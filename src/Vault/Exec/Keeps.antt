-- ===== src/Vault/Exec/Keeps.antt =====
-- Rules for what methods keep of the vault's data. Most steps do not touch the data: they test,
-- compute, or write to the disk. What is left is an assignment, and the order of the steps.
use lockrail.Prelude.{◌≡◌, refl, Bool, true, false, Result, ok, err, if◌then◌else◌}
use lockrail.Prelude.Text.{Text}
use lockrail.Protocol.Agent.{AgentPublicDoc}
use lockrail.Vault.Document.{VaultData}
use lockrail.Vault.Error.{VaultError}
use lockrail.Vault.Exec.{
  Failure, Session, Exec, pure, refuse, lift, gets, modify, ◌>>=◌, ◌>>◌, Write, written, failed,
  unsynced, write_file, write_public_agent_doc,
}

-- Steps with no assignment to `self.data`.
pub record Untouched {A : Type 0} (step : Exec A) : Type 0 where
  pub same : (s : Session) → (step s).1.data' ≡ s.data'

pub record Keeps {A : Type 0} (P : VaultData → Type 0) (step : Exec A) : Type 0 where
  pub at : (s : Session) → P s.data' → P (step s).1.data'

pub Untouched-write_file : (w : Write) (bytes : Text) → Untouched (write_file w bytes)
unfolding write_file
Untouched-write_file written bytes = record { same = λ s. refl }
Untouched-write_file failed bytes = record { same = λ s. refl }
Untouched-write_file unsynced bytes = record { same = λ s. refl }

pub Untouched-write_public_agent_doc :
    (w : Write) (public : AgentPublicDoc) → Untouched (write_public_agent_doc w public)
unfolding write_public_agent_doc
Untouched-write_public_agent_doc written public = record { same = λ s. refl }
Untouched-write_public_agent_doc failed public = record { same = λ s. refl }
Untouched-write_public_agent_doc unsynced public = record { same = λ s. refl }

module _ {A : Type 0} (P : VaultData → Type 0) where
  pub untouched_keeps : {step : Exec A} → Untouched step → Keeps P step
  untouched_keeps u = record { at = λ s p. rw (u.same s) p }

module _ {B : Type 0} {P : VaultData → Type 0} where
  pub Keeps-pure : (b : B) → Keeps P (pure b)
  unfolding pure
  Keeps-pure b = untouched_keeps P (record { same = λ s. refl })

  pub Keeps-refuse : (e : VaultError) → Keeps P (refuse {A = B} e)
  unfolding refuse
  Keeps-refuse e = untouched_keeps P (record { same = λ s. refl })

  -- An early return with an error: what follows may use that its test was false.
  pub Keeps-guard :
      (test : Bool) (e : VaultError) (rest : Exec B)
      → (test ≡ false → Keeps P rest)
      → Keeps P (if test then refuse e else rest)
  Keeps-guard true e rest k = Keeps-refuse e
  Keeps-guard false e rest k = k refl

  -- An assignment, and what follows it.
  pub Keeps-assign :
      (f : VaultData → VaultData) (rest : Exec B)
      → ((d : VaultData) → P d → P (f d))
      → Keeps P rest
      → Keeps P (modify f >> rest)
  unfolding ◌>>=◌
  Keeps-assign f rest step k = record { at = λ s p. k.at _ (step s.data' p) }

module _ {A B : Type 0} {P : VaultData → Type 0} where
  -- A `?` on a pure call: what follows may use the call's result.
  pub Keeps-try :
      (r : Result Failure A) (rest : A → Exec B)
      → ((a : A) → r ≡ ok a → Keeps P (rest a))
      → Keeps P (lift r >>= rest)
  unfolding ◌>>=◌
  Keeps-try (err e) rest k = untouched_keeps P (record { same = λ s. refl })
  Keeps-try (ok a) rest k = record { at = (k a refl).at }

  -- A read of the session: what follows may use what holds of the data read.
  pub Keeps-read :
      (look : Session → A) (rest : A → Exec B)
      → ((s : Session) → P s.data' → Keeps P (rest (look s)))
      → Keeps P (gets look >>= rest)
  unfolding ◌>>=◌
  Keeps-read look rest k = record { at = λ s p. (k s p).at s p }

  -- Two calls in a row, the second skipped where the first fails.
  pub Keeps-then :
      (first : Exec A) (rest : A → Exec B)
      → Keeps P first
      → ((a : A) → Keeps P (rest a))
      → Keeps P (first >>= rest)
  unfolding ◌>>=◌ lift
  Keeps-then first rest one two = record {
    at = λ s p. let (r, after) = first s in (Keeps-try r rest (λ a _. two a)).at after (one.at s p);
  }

==

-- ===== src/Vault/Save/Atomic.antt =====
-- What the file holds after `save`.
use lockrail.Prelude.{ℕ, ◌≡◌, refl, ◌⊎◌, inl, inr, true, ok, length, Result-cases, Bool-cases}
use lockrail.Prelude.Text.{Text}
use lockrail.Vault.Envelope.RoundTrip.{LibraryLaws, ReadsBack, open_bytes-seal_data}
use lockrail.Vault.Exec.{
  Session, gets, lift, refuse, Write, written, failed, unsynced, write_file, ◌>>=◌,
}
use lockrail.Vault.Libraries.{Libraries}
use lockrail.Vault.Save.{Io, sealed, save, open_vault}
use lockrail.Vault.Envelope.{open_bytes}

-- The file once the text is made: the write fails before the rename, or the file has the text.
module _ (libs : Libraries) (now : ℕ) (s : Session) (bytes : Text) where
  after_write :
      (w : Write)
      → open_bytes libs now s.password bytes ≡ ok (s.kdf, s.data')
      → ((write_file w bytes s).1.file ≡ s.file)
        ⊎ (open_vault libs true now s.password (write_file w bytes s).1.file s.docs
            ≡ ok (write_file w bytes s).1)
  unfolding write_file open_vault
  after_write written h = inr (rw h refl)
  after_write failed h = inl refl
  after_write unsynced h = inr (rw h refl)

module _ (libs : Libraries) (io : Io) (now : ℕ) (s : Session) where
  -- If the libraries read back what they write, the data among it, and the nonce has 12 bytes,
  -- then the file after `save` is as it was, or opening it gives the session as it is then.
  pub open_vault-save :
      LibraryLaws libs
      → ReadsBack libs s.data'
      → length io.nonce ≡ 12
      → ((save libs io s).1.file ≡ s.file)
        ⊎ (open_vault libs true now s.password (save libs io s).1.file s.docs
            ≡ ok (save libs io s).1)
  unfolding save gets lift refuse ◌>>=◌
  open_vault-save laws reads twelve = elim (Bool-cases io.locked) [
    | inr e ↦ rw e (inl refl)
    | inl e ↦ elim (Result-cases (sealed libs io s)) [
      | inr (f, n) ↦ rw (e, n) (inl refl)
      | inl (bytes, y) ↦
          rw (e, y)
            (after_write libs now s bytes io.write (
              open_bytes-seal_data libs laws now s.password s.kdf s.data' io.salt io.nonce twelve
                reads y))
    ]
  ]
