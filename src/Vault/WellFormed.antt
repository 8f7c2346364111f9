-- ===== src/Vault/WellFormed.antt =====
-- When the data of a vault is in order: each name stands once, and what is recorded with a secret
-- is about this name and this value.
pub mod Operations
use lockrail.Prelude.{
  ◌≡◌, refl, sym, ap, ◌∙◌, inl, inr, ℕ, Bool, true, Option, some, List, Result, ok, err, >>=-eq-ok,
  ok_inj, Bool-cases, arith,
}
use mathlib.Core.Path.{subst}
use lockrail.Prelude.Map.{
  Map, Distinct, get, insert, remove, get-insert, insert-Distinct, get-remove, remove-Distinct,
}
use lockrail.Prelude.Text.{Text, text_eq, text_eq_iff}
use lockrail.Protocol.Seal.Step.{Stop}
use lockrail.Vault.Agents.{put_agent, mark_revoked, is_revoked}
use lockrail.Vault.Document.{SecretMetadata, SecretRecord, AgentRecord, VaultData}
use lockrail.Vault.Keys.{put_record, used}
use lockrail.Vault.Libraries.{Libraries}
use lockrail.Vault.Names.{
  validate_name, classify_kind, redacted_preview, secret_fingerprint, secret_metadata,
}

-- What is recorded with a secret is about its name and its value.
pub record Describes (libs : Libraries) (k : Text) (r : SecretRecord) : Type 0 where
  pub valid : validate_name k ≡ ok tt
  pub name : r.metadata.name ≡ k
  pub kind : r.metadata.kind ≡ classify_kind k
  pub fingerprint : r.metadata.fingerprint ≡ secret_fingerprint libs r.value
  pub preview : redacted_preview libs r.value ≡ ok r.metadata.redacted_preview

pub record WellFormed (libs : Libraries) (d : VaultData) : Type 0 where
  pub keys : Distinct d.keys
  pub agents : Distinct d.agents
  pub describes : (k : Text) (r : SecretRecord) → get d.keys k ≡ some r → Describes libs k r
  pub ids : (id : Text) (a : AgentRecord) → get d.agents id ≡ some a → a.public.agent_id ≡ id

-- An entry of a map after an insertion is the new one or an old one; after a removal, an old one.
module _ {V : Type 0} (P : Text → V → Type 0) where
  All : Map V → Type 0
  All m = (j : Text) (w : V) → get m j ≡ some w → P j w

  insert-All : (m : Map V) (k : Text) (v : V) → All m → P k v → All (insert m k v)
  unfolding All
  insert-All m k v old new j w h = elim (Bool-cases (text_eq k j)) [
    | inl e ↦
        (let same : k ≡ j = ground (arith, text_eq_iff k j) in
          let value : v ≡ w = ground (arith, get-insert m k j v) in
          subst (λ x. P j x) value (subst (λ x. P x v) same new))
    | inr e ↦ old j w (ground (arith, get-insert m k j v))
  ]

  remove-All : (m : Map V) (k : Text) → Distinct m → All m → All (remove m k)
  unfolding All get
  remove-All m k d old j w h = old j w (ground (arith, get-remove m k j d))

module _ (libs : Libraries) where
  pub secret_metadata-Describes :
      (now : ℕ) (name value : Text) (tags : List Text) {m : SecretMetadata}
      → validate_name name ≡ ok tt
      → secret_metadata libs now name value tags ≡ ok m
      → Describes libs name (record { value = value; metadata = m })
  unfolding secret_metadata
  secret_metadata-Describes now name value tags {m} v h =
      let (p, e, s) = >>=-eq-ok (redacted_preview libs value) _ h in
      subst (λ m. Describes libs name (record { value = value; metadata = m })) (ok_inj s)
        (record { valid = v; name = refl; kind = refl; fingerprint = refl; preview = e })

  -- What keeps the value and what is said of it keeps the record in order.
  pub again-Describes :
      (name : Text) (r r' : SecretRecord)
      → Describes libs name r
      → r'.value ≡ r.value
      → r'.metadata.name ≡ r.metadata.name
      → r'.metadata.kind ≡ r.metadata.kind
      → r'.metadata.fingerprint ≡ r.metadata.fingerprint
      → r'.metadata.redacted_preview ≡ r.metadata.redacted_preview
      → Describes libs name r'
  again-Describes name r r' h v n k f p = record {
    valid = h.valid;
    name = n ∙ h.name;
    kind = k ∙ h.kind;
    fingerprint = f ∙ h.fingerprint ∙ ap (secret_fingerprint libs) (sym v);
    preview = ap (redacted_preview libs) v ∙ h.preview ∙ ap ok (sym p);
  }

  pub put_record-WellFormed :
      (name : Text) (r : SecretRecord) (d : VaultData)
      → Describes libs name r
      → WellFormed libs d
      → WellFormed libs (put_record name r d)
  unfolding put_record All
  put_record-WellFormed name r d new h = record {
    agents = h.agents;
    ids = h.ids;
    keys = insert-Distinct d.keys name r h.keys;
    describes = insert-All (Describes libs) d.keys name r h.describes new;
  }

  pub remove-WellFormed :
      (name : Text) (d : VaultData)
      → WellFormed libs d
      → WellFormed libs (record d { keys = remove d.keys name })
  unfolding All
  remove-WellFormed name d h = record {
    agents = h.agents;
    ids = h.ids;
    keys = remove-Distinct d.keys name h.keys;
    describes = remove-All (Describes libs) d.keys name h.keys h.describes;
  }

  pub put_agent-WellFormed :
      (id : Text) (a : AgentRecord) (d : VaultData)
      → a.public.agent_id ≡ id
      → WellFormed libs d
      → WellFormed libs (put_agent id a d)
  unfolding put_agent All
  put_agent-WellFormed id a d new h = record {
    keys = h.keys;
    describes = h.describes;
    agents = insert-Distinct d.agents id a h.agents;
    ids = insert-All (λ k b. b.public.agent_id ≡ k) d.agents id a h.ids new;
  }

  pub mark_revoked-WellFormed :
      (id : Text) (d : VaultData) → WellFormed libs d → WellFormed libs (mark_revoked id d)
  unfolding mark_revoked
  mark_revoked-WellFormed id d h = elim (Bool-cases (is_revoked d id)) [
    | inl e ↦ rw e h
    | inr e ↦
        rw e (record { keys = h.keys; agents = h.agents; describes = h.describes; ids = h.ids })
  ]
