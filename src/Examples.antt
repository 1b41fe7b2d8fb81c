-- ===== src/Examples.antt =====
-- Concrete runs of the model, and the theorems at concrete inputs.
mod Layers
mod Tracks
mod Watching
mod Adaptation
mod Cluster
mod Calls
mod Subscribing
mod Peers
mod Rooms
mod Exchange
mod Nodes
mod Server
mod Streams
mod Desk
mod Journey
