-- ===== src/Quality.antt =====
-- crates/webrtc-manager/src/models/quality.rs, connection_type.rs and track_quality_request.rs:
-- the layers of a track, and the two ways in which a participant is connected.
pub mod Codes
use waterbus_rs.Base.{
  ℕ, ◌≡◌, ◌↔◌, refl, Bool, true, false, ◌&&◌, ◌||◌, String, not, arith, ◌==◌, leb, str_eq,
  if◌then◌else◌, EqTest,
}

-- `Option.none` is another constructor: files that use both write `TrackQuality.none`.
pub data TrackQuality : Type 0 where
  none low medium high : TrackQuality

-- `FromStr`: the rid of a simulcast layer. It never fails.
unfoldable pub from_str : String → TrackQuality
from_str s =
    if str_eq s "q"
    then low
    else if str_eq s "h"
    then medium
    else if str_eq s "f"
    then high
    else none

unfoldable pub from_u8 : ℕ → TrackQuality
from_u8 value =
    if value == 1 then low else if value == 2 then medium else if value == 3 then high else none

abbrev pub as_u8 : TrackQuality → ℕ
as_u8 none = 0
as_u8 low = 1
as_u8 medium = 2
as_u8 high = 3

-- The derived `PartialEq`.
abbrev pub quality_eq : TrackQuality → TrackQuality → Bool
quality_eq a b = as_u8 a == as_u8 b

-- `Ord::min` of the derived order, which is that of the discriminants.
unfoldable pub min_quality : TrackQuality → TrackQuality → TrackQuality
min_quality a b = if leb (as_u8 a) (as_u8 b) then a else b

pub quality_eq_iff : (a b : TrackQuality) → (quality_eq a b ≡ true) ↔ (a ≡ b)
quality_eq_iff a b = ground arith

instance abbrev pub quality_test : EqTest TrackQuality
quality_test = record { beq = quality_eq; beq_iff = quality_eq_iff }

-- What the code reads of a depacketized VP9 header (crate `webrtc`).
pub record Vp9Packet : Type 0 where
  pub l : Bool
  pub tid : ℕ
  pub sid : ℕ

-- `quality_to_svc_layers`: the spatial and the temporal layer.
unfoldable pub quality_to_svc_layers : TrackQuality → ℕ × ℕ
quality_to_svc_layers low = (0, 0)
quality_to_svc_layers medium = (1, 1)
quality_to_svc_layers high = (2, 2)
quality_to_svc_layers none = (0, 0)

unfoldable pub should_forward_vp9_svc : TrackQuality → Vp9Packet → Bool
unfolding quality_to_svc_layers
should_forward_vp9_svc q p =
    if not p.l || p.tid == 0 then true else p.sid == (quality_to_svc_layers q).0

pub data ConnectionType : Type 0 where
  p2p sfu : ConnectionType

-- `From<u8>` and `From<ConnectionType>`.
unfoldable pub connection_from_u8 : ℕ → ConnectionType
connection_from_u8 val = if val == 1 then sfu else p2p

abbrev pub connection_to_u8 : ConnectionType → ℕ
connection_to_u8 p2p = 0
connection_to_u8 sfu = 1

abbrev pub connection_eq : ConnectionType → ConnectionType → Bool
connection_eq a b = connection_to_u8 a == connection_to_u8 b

• PROBLEM TO SOLVE: Report each line above that includes the string "remove".

• SOLVED PROBLEM:
  Map, Distinct, get, insert, remove, get-insert, insert-Distinct, get-remove, remove-Distinct,
  remove-All : (m : Map V) (k : Text) → Distinct m → All m → All (remove m k)
  remove-All m k d old j w h = old j w (ground (arith, get-remove m k j d))
  pub remove-WellFormed :
      → WellFormed libs (record d { keys = remove d.keys name })
  remove-WellFormed name d h = record {
    keys = remove-Distinct d.keys name h.keys;
    describes = remove-All (Describes libs) d.keys name h.keys h.describes;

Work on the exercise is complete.